Marketers (and politicians too) uses indices to create a story that serves their needs. An index of 150 against some criteria or other means that there is certainly some kind of  stronger propensity to watch a type of TV show, or agree with some statement, but it’s often then taken one step further. It suddenly becomes an entirely different phenomenon, from being ‘more likely to’ (a matter of relativity) it morphs into ‘most…’ (an issue of absolutes).

This can be dangerous stuff, as that sort of misrepresentation can quickly seep into the received wisdom, and become the unquestionable corporate truth; easy to understand but simplistic, clear but at the same time misleading. Ben Goldacre is the author of the very excellent Bad Science book, columns and blog, from which he also sells t-shirts. I love this one…

Bad planning and assumptions makes for bad objective-setting, which also makes for bad measurement. If the goals aren’t clear or based in some kind of truth, the measurement is nigh on impossible. If it’s not clear how to measure what you want to measure upfront, before you start, and if you don’t establish the means to capture the information you need to measure, how will you know what success looks like?

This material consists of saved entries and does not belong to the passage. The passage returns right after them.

-- ===== src/Http/Connection.antt =====
-- `http_server::handle_connection` of src/http_server.cpp for one connection. What the client and the
-- network do is a list of exchanges; the trace holds what the server does, the newest first. What
-- other connections do to the counters meanwhile is left out.
pub mod Rounds
pub mod KeepAlive
pub mod Timeouts
pub mod End
pub mod Examples
use Prim.Native.String.{len}
use acppsrv.Prelude.{
  ℕ, ◌+◌, ◌%◌, ◌^◌, String, Bool, true, false, not, ◌&&◌, ◌||◌, Option, none, some, List, [], ◌∷◌,
  if◌then◌else◌, ltb, nat_beq,
}
use acppsrv.Http.Server.{Server}
use acppsrv.Http.Handler.{Request, Response, new_response, payload_too_large, field}
use acppsrv.Http.Routes.{Env, App, StatData, create_response, uint64_mod}

-- boost::system::error_code, when it is an error
pub data Error : Type 0 where
  body_limit : Error
  other : String → Error

pub data Header : Type 0 where
  unread : Error → Header
  header : Request → Header

-- One round of the loop as the client and the network make it: the outcome of each operation. The
-- body is done after the listed reads.
pub record Exchange : Type 0 where
  pub read_header : Header
  pub write_continue : Option Error
  pub body_reads : List (Option Error)
  pub write_response : Option Error

pub data Action : Type 0 where
  -- expires_after, or expires_never
  expires : Option ℕ → Action
  reads_header : Action
  writes_continue : Action
  reads_some : Action
  writes : Response → Action
  -- the response after an error
  writes_error : Response → Action

module _ (env : Env) (srv : Server) (header_server : String) where
  open env use {iequals}

  pub record Conn : Type 0 where
    pub req_n : ℕ
    pub ec : Option Error
    pub stage : String
    pub app : App env
    pub trace : List Action

  -- A step goes on, or jumps to `abort_connection`.
  pub data Outcome (A : Type 0) : Type 0 where
    going : A → Conn → Outcome A
    abort : Conn → Outcome A

  abbrev M : Type 0 → Type 0
  M A = Conn → Outcome A

  infixl 5 ◌>>=◌ ◌>>◌
  abbrev ◌>>=◌ : {A B : Type 0} → M A → (A → M B) → M B
  ◌>>=◌ m f c = elim (m c) [ going a c' ↦ f a c' | abort c' ↦ abort c' ]

  abbrev ◌>>◌ : {A B : Type 0} → M A → M B → M B
  m >> n = m >>= λ _. n

  abbrev pub act : Action → Conn → Conn
  act a c = record c { trace = a ∷ c.trace }

  before_request_timeout : Bool → Conn → Conn
  before_request_timeout first c =
      act (expires (if first then srv.idle_timeout else srv.keepalive_timeout)) c

  in_request_timeout : Conn → Conn
  in_request_timeout c = act (expires srv.idle_timeout) c

  -- The outcome of an operation is stored, and then the stage; an error aborts.
  finish : String → Option Error → Conn → Outcome Unit
  finish stage none c = going tt (record c { ec = none; stage = stage })
  finish stage (some e) c = abort (record c { ec = some e; stage = stage })

  abbrev count_request : Conn → Conn
  count_request c = record c {
    req_n = (c.req_n + 1) % uint64_mod;
    app = record c.app {
      counters = record c.app.counters { requests = (c.app.counters.requests + 1) % uint64_mod };
    };
  }

  got_header : Header → M Request
  got_header (unread e) c = abort (record c { ec = some e; stage = "read_request_headers" })
  got_header (header request) c =
      going request (count_request (record c { ec = none; stage = "read_request_headers" }))

  unfoldable pub read_request : Exchange → M Request
  unfolding before_request_timeout got_header
  read_request x c =
      got_header x.read_header
        (act reads_header (before_request_timeout (nat_beq c.req_n 0) (record c { stage = "" })))

  unfoldable pub expect_continue : Exchange → Request → M Unit
  unfolding in_request_timeout finish
  expect_continue x request c =
      if iequals (field request.expect) "100-continue"
      then finish "write_100_continue" x.write_continue (act writes_continue (in_request_timeout c))
      else going tt c

  unfoldable pub read_body : List (Option Error) → M Unit
  unfolding in_request_timeout finish
  read_body [] c = going tt c
  read_body (none ∷ rs) c =
      read_body rs
        (record (act reads_some (in_request_timeout c)) { ec = none; stage = "read_request_body" })
  read_body (some e ∷ rs) c =
      finish "read_request_body" (some e) (act reads_some (in_request_timeout c))

  abbrev count_data : (StatData → StatData) → App env → App env
  count_data f app = record app { counters = f app.counters }

  -- `request.keep_alive() && (!keepalive_requests || req_n < *keepalive_requests)`
  abbrev pub below_limit : Option ℕ → ℕ → Bool
  below_limit none n = true
  below_limit (some k) n = ltb n k

  abbrev pub keeps_alive : Request → ℕ → Bool
  keeps_alive request req_n = request.keep_alive && below_limit srv.keepalive_requests req_n

  -- The response as it is sent, without the counters.
  abbrev sent : Request → ℕ → Response → Response
  sent request req_n response = record response {
    body = if request.is_head then "" else response.body;
    server = some header_server;
    keep_alive = keeps_alive request req_n;
  }

  answer : Exchange → Request → Response × App env → M Bool
  unfolding finish
  answer x request (made, app1) c =
      let response = sent request c.req_n made in
      let app2 =
        count_data (λ d. record d { data_resp = (d.data_resp + len response.body) % uint64_mod })
          app1 in
      (finish "write_response" x.write_response >> going (keeps_alive request c.req_n))
        (act (writes response) (act (expires none) (record c { app = app2 })))

  abbrev count_body : Request → App env → App env
  count_body request =
      count_data (λ d. record d { data_req = (d.data_req + len request.body) % uint64_mod })

  unfoldable pub respond : Exchange → Request → M Bool
  unfolding answer
  respond x request c = answer x request (create_response env request (count_body request c.app)) c

  -- The body of the loop; it returns `keepalive`.
  unfoldable pub round : Exchange → M Bool
  round x = do
    request ← read_request x
    expect_continue x request
    read_body x.body_reads
    respond x request

  -- The coroutine waits for a client that does nothing more, or it has ended.
  pub data Progress : Type 0 where
    waiting : Conn → Progress
    ended : Conn → Progress

  -- From `abort_connection` on.
  unfoldable pub send_error : Conn → Conn
  unfolding in_request_timeout
  send_error c = elim c.ec [
    | some body_limit ↦ act (writes_error (new_response payload_too_large)) (in_request_timeout c)
    | some (other e) ↦ c
    | none ↦ c
  ]

  unfoldable pub rounds : List Exchange → Conn → Progress
  unfolding send_error
  rounds [] c = waiting c
  rounds (x ∷ xs) c = elim (round x c) [
    | going true c' ↦ rounds xs c'
    | going false c' ↦ ended (send_error (record c' { ec = none; stage = "" }))
    | abort c' ↦ ended (send_error c')
  ]

  -- What a connection starts with.
  abbrev pub opened : App env → Conn
  opened app = record {
    req_n = 0;
    ec = none;
    stage = "";
    app = count_data (λ d. record d { connections = (d.connections + 1) % uint64_mod }) app;
    trace = [];
  }

  unfoldable pub handle_connection : List Exchange → App env → Progress
  unfolding rounds
  handle_connection xs app = rounds xs (opened app)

But that’s when marketers really come into their own, skimming over the quantitative technicalities (marketers often have short attention spans and glaze over at details) and focusing instead on the qualitative positives, and looking to the future. To be honest, this is often the best policy. While simplistic goal-setting and measurement can be a weakness, so too can the fabled analysis-paralysis, in which every last figure and metric is scrutinised well beyond their natural meaning. Every blip or shift in scores is pored over and further ‘digging’ is done to uncover the root causes. Weeks are spent trying to reveal insights, when in fact the judgement of clever and experienced people using their common sense might serve the company better. It helps make decisions, focus further work, and makes the story easier to believe; like you believing my assertion earlier.

So what’s my point? I hear you ask… good question. We should measure marketing more carefully, but that risks running into navel-gazing and slow, poor decision-making. But on the other hand, a lack of measurement also leads to overly simplistic objective setting and decision-making.  Yikes. That sounds tricky.

Remember the title? It might well be true, but noone likes a smartass.